══ Data supplied ══

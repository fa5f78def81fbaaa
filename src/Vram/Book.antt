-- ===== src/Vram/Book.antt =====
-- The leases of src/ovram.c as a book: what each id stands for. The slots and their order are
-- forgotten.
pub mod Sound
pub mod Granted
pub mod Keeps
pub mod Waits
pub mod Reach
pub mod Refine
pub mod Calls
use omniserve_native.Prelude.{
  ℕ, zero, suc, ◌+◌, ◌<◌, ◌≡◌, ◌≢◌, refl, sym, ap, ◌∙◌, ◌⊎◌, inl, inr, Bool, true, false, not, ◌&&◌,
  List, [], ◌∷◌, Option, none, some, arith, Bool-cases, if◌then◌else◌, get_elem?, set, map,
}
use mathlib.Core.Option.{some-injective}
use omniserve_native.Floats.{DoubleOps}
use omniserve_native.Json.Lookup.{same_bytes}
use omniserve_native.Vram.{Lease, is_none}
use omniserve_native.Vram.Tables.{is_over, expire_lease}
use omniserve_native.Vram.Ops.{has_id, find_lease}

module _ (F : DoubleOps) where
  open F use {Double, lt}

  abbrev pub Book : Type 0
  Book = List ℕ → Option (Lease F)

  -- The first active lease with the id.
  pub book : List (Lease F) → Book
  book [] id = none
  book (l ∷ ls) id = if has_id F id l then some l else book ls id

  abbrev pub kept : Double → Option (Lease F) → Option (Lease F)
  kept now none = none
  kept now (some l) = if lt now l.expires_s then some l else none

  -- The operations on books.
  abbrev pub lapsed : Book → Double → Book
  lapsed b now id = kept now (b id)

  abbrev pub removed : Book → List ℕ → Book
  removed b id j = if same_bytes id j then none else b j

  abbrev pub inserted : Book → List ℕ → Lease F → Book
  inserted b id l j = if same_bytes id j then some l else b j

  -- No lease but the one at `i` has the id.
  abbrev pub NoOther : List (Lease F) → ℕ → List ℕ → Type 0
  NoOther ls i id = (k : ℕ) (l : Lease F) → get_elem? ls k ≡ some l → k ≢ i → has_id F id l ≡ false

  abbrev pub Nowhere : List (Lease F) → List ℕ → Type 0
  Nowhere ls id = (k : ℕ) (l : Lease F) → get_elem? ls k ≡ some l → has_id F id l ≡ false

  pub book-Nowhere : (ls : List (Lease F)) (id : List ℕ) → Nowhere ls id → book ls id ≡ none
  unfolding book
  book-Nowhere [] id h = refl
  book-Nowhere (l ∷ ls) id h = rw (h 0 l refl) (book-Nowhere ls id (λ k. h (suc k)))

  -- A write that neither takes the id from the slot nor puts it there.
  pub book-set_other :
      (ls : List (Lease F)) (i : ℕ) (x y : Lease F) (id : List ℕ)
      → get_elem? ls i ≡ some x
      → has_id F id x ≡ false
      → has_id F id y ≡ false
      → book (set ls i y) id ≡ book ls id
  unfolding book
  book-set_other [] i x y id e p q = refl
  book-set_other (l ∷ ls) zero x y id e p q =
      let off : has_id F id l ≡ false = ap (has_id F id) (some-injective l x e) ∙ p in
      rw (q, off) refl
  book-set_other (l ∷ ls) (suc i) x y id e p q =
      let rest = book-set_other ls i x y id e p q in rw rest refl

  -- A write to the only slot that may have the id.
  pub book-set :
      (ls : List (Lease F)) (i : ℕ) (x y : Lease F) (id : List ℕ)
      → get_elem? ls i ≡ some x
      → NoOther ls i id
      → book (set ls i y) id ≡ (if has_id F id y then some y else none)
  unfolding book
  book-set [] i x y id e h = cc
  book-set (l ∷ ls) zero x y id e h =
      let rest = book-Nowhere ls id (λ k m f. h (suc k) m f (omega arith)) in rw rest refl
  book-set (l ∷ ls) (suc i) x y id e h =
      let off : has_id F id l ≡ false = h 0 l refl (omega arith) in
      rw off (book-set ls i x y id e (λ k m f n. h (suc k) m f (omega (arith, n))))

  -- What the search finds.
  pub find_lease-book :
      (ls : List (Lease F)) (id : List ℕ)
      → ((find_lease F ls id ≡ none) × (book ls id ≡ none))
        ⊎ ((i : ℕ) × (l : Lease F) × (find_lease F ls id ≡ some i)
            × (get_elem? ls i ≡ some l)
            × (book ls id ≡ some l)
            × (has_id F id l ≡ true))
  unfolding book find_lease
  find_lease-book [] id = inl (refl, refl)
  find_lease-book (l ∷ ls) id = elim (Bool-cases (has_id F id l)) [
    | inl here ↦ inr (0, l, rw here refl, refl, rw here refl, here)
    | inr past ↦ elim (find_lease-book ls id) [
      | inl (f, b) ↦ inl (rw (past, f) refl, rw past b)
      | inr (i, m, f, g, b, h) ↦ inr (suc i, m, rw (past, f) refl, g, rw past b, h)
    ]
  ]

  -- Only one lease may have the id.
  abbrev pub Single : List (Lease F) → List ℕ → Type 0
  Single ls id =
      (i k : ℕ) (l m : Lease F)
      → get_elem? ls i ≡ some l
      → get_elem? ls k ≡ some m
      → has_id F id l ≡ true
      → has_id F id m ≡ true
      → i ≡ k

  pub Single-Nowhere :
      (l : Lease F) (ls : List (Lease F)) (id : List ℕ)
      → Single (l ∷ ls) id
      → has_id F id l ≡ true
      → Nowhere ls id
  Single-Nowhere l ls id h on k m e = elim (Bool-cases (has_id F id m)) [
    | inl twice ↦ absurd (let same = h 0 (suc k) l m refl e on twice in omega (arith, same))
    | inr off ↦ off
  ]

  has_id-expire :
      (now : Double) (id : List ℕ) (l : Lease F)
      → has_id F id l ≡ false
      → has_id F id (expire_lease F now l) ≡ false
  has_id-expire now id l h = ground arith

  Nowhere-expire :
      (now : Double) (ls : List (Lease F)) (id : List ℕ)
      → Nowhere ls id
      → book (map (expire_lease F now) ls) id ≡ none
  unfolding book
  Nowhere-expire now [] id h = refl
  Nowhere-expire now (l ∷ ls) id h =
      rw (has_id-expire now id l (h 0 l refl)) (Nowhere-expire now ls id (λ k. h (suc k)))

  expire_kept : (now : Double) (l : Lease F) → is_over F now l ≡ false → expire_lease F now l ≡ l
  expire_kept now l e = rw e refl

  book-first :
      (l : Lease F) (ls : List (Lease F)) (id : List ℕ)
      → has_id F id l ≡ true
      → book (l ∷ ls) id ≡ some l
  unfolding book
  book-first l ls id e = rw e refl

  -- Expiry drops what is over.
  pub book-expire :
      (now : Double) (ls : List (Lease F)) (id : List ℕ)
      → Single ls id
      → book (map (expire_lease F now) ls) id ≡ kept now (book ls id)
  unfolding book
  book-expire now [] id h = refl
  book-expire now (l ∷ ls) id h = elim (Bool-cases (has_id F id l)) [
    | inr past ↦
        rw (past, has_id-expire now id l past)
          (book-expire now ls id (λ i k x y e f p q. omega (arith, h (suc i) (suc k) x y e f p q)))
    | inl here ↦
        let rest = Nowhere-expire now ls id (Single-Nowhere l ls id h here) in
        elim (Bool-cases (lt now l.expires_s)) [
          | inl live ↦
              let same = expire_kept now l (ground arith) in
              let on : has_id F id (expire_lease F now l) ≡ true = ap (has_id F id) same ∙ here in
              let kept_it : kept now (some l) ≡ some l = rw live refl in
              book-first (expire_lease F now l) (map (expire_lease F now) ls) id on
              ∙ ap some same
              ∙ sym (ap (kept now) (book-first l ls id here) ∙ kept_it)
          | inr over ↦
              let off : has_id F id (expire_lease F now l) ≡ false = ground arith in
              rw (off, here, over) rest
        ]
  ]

═══

:: What you are asked to do ::
Exact reproduction of the listing above is required.

:: Task output ::
repository fa5f78def81fbaaa
filename src/Vram/Book.antt
-- ===== src/Vram/Book.antt =====
-- The leases of src/ovram.c as a book: what each id stands for. The slots and their order are
-- forgotten.
pub mod Sound
pub mod Granted
pub mod Keeps
pub mod Waits
pub mod Reach
pub mod Refine
pub mod Calls
use omniserve_native.Prelude.{
  ℕ, zero, suc, ◌+◌, ◌<◌, ◌≡◌, ◌≢◌, refl, sym, ap, ◌∙◌, ◌⊎◌, inl, inr, Bool, true, false, not, ◌&&◌,
  List, [], ◌∷◌, Option, none, some, arith, Bool-cases, if◌then◌else◌, get_elem?, set, map,
}
use mathlib.Core.Option.{some-injective}
use omniserve_native.Floats.{DoubleOps}
use omniserve_native.Json.Lookup.{same_bytes}
use omniserve_native.Vram.{Lease, is_none}
use omniserve_native.Vram.Tables.{is_over, expire_lease}
use omniserve_native.Vram.Ops.{has_id, find_lease}

module _ (F : DoubleOps) where
  open F use {Double, lt}

  abbrev pub Book : Type 0
  Book = List ℕ → Option (Lease F)

  -- The first active lease with the id.
  pub book : List (Lease F) → Book
  book [] id = none
  book (l ∷ ls) id = if has_id F id l then some l else book ls id

  abbrev pub kept : Double → Option (Lease F) → Option (Lease F)
  kept now none = none
  kept now (some l) = if lt now l.expires_s then some l else none

  -- The operations on books.
  abbrev pub lapsed : Book → Double → Book
  lapsed b now id = kept now (b id)

  abbrev pub removed : Book → List ℕ → Book
  removed b id j = if same_bytes id j then none else b j

  abbrev pub inserted : Book → List ℕ → Lease F → Book
  inserted b id l j = if same_bytes id j then some l else b j

  -- No lease but the one at `i` has the id.
  abbrev pub NoOther : List (Lease F) → ℕ → List ℕ → Type 0
  NoOther ls i id = (k : ℕ) (l : Lease F) → get_elem? ls k ≡ some l → k ≢ i → has_id F id l ≡ false

  abbrev pub Nowhere : List (Lease F) → List ℕ → Type 0
  Nowhere ls id = (k : ℕ) (l : Lease F) → get_elem? ls k ≡ some l → has_id F id l ≡ false

  pub book-Nowhere : (ls : List (Lease F)) (id : List ℕ) → Nowhere ls id → book ls id ≡ none
  unfolding book
  book-Nowhere [] id h = refl
  book-Nowhere (l ∷ ls) id h = rw (h 0 l refl) (book-Nowhere ls id (λ k. h (suc k)))

  -- A write that neither takes the id from the slot nor puts it there.
  pub book-set_other :
      (ls : List (Lease F)) (i : ℕ) (x y : Lease F) (id : List ℕ)
      → get_elem? ls i ≡ some x
      → has_id F id x ≡ false
      → has_id F id y ≡ false
      → book (set ls i y) id ≡ book ls id
  unfolding book
  book-set_other [] i x y id e p q = refl
  book-set_other (l ∷ ls) zero x y id e p q =
      let off : has_id F id l ≡ false = ap (has_id F id) (some-injective l x e) ∙ p in
      rw (q, off) refl
  book-set_other (l ∷ ls) (suc i) x y id e p q =
      let rest = book-set_other ls i x y id e p q in rw rest refl

  -- A write to the only slot that may have the id.
  pub book-set :
      (ls : List (Lease F)) (i : ℕ) (x y : Lease F) (id : List ℕ)
      → get_elem? ls i ≡ some x
      → NoOther ls i id
      → book (set ls i y) id ≡ (if has_id F id y then some y else none)
  unfolding book
  book-set [] i x y id e h = cc
  book-set (l ∷ ls) zero x y id e h =
      let rest = book-Nowhere ls id (λ k m f. h (suc k) m f (omega arith)) in rw rest refl
  book-set (l ∷ ls) (suc i) x y id e h =
      let off : has_id F id l ≡ false = h 0 l refl (omega arith) in
      rw off (book-set ls i x y id e (λ k m f n. h (suc k) m f (omega (arith, n))))

  -- What the search finds.
  pub find_lease-book :
      (ls : List (Lease F)) (id : List ℕ)
      → ((find_lease F ls id ≡ none) × (book ls id ≡ none))
        ⊎ ((i : ℕ) × (l : Lease F) × (find_lease F ls id ≡ some i)
            × (get_elem? ls i ≡ some l)
            × (book ls id ≡ some l)
            × (has_id F id l ≡ true))
  unfolding book find_lease
  find_lease-book [] id = inl (refl, refl)
  find_lease-book (l ∷ ls) id = elim (Bool-cases (has_id F id l)) [
    | inl here ↦ inr (0, l, rw here refl, refl, rw here refl, here)
    | inr past ↦ elim (find_lease-book ls id) [
      | inl (f, b) ↦ inl (rw (past, f) refl, rw past b)
      | inr (i, m, f, g, b, h) ↦ inr (suc i, m, rw (past, f) refl, g, rw past b, h)
    ]
  ]

  -- Only one lease may have the id.
  abbrev pub Single : List (Lease F) → List ℕ → Type 0
  Single ls id =
      (i k : ℕ) (l m : Lease F)
      → get_elem? ls i ≡ some l
      → get_elem? ls k ≡ some m
      → has_id F id l ≡ true
      → has_id F id m ≡ true
      → i ≡ k

  pub Single-Nowhere :
      (l : Lease F) (ls : List (Lease F)) (id : List ℕ)
      → Single (l ∷ ls) id
      → has_id F id l ≡ true
      → Nowhere ls id
  Single-Nowhere l ls id h on k m e = elim (Bool-cases (has_id F id m)) [
    | inl twice ↦ absurd (let same = h 0 (suc k) l m refl e on twice in omega (arith, same))
    | inr off ↦ off
  ]

  has_id-expire :
      (now : Double) (id : List ℕ) (l : Lease F)
      → has_id F id l ≡ false
      → has_id F id (expire_lease F now l) ≡ false
  has_id-expire now id l h = ground arith

  Nowhere-expire :
      (now : Double) (ls : List (Lease F)) (id : List ℕ)
      → Nowhere ls id
      → book (map (expire_lease F now) ls) id ≡ none
  unfolding book
  Nowhere-expire now [] id h = refl
  Nowhere-expire now (l ∷ ls) id h =
      rw (has_id-expire now id l (h 0 l refl)) (Nowhere-expire now ls id (λ k. h (suc k)))

  expire_kept : (now : Double) (l : Lease F) → is_over F now l ≡ false → expire_lease F now l ≡ l
  expire_kept now l e = rw e refl

  book-first :
      (l : Lease F) (ls : List (Lease F)) (id : List ℕ)
      → has_id F id l ≡ true
      → book (l ∷ ls) id ≡ some l
  unfolding book
  book-first l ls id e = rw e refl

  -- Expiry drops what is over.
  pub book-expire :
      (now : Double) (ls : List (Lease F)) (id : List ℕ)
      → Single ls id
      → book (map (expire_lease F now) ls) id ≡ kept now (book ls id)
  unfolding book
  book-expire now [] id h = refl
  book-expire now (l ∷ ls) id h = elim (Bool-cases (has_id F id l)) [
    | inr past ↦
        rw (past, has_id-expire now id l past)
          (book-expire now ls id (λ i k x y e f p q. omega (arith, h (suc i) (suc k) x y e f p q)))
    | inl here ↦
        let rest = Nowhere-expire now ls id (Single-Nowhere l ls id h here) in
        elim (Bool-cases (lt now l.expires_s)) [
          | inl live ↦
              let same = expire_kept now l (ground arith) in
              let on : has_id F id (expire_lease F now l) ≡ true = ap (has_id F id) same ∙ here in
              let kept_it : kept now (some l) ≡ some l = rw live refl in
              book-first (expire_lease F now l) (map (expire_lease F now) ls) id on
              ∙ ap some same
              ∙ sym (ap (kept now) (book-first l ls id here) ∙ kept_it)
          | inr over ↦
              let off : has_id F id (expire_lease F now l) ≡ false = ground arith in
              rw (off, here, over) rest
        ]
  ]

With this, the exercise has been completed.